*Task goal*. Begin at the line containing "summary seen = elim" in the data below and go on through the line containing "it, and the log.", repeating each line exactly; include both ends and no other line.

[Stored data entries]
•••
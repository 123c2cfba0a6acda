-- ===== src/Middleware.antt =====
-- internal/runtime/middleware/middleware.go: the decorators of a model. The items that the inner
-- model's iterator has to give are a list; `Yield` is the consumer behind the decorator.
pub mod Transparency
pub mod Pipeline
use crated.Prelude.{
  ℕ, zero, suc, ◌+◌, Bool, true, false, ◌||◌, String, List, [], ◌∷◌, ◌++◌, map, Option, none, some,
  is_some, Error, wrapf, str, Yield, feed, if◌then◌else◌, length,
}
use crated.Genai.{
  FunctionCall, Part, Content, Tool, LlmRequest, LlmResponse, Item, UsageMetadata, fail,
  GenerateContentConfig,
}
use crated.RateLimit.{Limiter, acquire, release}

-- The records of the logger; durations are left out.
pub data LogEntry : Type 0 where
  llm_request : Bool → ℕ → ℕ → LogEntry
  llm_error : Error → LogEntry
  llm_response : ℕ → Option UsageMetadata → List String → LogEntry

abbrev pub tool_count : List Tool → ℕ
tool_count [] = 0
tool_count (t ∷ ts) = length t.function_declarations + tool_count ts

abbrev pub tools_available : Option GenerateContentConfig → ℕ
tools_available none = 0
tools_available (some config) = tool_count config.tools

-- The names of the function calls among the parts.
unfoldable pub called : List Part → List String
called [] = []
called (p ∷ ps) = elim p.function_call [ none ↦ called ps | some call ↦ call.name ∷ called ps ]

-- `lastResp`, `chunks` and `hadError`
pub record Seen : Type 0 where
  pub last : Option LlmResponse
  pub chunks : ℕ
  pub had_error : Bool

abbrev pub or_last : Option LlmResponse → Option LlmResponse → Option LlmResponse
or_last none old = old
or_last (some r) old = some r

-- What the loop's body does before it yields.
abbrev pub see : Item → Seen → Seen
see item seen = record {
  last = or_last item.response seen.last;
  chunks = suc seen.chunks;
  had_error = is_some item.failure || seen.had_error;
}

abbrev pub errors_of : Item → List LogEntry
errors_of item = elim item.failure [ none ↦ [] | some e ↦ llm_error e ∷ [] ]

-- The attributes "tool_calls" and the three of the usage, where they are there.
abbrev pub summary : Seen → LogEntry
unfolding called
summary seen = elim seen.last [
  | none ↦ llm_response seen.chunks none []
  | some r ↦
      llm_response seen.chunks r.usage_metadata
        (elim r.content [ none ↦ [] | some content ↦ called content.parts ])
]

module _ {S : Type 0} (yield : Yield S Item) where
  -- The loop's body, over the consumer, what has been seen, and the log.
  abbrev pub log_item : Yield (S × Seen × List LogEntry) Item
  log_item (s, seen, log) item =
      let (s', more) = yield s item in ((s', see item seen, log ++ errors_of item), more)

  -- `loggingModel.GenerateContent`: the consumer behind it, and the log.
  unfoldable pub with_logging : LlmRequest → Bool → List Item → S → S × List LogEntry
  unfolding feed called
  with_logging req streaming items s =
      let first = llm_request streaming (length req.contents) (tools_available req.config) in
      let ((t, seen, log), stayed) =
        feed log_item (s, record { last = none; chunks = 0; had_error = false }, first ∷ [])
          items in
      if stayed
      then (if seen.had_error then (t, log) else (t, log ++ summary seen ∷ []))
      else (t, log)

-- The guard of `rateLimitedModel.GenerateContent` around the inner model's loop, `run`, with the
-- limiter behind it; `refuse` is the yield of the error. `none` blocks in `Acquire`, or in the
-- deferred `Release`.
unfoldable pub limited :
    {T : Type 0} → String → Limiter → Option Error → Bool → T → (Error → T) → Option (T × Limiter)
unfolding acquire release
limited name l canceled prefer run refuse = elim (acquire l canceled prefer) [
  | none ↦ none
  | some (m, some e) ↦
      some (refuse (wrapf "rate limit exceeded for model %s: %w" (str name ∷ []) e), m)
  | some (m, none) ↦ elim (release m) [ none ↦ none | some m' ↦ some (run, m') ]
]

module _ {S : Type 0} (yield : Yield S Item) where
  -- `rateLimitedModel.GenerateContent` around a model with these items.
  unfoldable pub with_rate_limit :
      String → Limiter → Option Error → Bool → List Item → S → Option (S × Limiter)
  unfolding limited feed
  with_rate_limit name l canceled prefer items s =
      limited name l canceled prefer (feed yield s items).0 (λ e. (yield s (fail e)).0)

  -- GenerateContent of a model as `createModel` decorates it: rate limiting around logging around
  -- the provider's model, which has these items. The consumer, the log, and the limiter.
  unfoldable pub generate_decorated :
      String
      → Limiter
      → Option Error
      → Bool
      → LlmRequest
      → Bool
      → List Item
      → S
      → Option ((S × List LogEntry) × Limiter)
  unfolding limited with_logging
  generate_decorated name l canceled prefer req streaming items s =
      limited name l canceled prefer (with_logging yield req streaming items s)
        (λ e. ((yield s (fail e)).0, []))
•••
*Expected output*.
summary seen = elim seen.last [
  | none ↦ llm_response seen.chunks none []
  | some r ↦
      llm_response seen.chunks r.usage_metadata
        (elim r.content [ none ↦ [] | some content ↦ called content.parts ])
]

module _ {S : Type 0} (yield : Yield S Item) where
  -- The loop's body, over the consumer, what has been seen, and the log.
  abbrev pub log_item : Yield (S × Seen × List LogEntry) Item
  log_item (s, seen, log) item =
      let (s', more) = yield s item in ((s', see item seen, log ++ errors_of item), more)

  -- `loggingModel.GenerateContent`: the consumer behind it, and the log.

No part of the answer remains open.